- What is being asked
Repeat exactly the lines from the line containing "(server_after s ops).active" through the last line of the records below, inclusive, and nothing else.

- Stored data entries
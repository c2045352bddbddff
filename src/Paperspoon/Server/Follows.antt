-- ===== src/Paperspoon/Server/Follows.antt =====
-- The current connection after any operations is what its fate says.
use mathlib.Core.Path.{subst}
use rust_x11_hello.Prelude.{
  ℕ, ◌≡◌, ◌<◌, refl, arith, List, [], ◌∷◌, Bool, true, false, ◌&&◌, not, Option, none, some,
  if◌then◌else◌, ◌==◌, sym,
}
use rust_x11_hello.Protocol.Frame.{PixelFormat}
use rust_x11_hello.Protocol.Payload.{V2PixelFormats, supports}
use rust_x11_hello.Paperspoon.Server.{
  ActiveConnection, Server, FrameTarget, FrameForward, viewport_changed, connection_changed,
  install, install_for_hello, shows, check_target, holds_token, set_active_viewport,
}
use rust_x11_hello.Paperspoon.Server.Fate.{
  ServerOp, hello, resize, clear, forward, server_step, server_after, is_meant_for, fate_step,
  fate_next, fate, Follows, resize-active, clear-active, refused_or_sent, forwarded, forward-active,
  server_after-next,
}

module _ (a : ActiveConnection) where
  hello-Follows :
      (s : Server) (stream : ℕ) (formats : V2PixelFormats) (viewport : ℕ × ℕ)
      → a.token < s.next_token
      → holds_token (server_step s (hello stream formats viewport)).active a.token ≡ false
  unfolding server_step install_for_hello install holds_token
  hello-Follows s stream formats viewport old = ground arith

  abbrev showing : ℕ × ℕ → ActiveConnection
  showing v = record a { viewport = some v }

  resize-Follows :
      (o : Option (ℕ × ℕ)) (active : Option ActiveConnection) (candidate : ℕ) (viewport : ℕ × ℕ)
      → Follows a o active
      → Follows a
          (fate_next a (resize candidate viewport) o)
          (if holds_token active candidate then set_active_viewport viewport active else active)
  unfolding fate_next fate_step set_active_viewport holds_token
  resize-Follows none none candidate viewport e = ground arith
  resize-Follows none (some b) candidate viewport e = ground arith
  resize-Follows (some v) active candidate viewport e =
      subst
        (λ now.
          Follows a (if a.token == candidate then some viewport else some v)
            (if holds_token now candidate then set_active_viewport viewport now else now))
        (sym e) (here (a.token == candidate))
    where
      here :
          (b : Bool)
          → Follows a
              (if b then some viewport else some v)
              (if b then some (showing viewport) else some (showing v))
      here true = refl
      here false = refl

  ends_or_stays :
      (v : ℕ × ℕ) (b : Bool)
      → Follows a (if b then none else some v) (if b then none else some (showing v))
  unfolding holds_token
  ends_or_stays v true = refl
  ends_or_stays v false = refl

  clear-Follows :
      (o : Option (ℕ × ℕ)) (active : Option ActiveConnection) (candidate : ℕ)
      → Follows a o active
      → Follows a
          (fate_next a (clear candidate) o)
          (if holds_token active candidate then none else active)
  unfolding fate_next fate_step holds_token
  clear-Follows none none candidate e = ground arith
  clear-Follows none (some b) candidate e = ground arith
  clear-Follows (some v) active candidate e =
      subst
        (λ now.
          Follows a (if a.token == candidate then none else some v)
            (if holds_token now candidate then none else now))
        (sym e) (ends_or_stays v (a.token == candidate))

  refused_or_sent-other :
      (writes : ℕ → Bool) (format : PixelFormat) (b : ActiveConnection) (o : Option FrameForward)
      → holds_token (some b) a.token ≡ false
      → holds_token (refused_or_sent writes format b o) a.token ≡ false
  refused_or_sent-other writes format b (some refused) e = e
  refused_or_sent-other writes format b none e =
      by_end (supports b.pixel_formats format && not (writes b.stream))
    where
      by_end : (ends : Bool) → holds_token (if ends then none else some b) a.token ≡ false
      by_end true = unfold holds_token in refl
      by_end false = e

  module _ (v : ℕ × ℕ) (writes : ℕ → Bool) (format : PixelFormat) where
    ends : Bool
    ends = supports a.pixel_formats format && not (writes a.stream)

    meant-Follows :
        (same_token same_viewport : Bool)
        → Follows a (if (same_token && same_viewport) && ends then none else some v) (
            refused_or_sent writes format (showing v) (
              if same_token
              then if same_viewport then none else some viewport_changed
              else some connection_changed))
    unfolding ends
    meant-Follows true true = ends_or_stays v ends
    meant-Follows true false = refl
    meant-Follows false same_viewport = refl

    target-Follows :
        (target : Option FrameTarget)
        → Follows a
            (if is_meant_for a.token v target && ends then none else some v)
            (forwarded writes format target (some (showing v)))
    unfolding check_target ends
    target-Follows none = ends_or_stays v ends
    target-Follows (some t) = meant-Follows (a.token == t.token) (shows (some v) t.viewport)

  forward-Follows :
      (o : Option (ℕ × ℕ)) (active : Option ActiveConnection) (writes : ℕ → Bool) (bytes : List ℕ)
      (format : PixelFormat) (target : Option FrameTarget)
      → Follows a o active
      → Follows a
          (fate_next a (forward writes bytes format target) o)
          (forwarded writes format target active)
  unfolding fate_next fate_step ends
  forward-Follows none none writes bytes format target e = e
  forward-Follows none (some b) writes bytes format target e =
      refused_or_sent-other writes format b (check_target b target) e
  forward-Follows (some v) active writes bytes format target e =
      subst
        (λ now.
          Follows a (if is_meant_for a.token v target && ends v writes format then none else some v)
            (forwarded writes format target now))
        (sym e) (target-Follows v writes format target)

  server_step-Follows :
      (s : Server) (o : Option (ℕ × ℕ)) (op : ServerOp)
      → a.token < s.next_token
      → Follows a o s.active
      → Follows a (fate_next a op o) (server_step s op).active
  server_step-Follows s none (hello stream formats viewport) old e =
      unfold fate_next in hello-Follows s stream formats viewport old
  server_step-Follows s (some v) (hello stream formats viewport) old e =
      unfold fate_next fate_step in hello-Follows s stream formats viewport old
  server_step-Follows s o (resize candidate viewport) old e =
      rw (resize-active s candidate viewport) (resize-Follows o s.active candidate viewport e)
  server_step-Follows s o (clear candidate) old e =
      rw (clear-active s candidate) (clear-Follows o s.active candidate e)
  server_step-Follows s o (forward writes bytes format target) old e =
      rw (forward-active s writes bytes format target).0
        (forward-Follows o s.active writes bytes format target e)

  pub server_after-Follows :
      (s : Server) (v : ℕ × ℕ) (ops : List ServerOp)
      → a.token < s.next_token
      → s.active ≡ some (showing v)
      → Follows a (fate a v ops) (server_after s ops).active
  unfolding server_after fate
  server_after-Follows s v [] old e = e
  server_after-Follows s v (op ∷ past) old e =
      server_step-Follows (server_after s past) (fate a v past) op
        (omega (arith, server_after-next s past)) (server_after-Follows s v past old e)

- Your solution
      → Follows a (fate a v ops) (server_after s ops).active
  unfolding server_after fate
  server_after-Follows s v [] old e = e
  server_after-Follows s v (op ∷ past) old e =
      server_step-Follows (server_after s past) (fate a v past) op
        (omega (arith, server_after-next s past)) (server_after-Follows s v past old e)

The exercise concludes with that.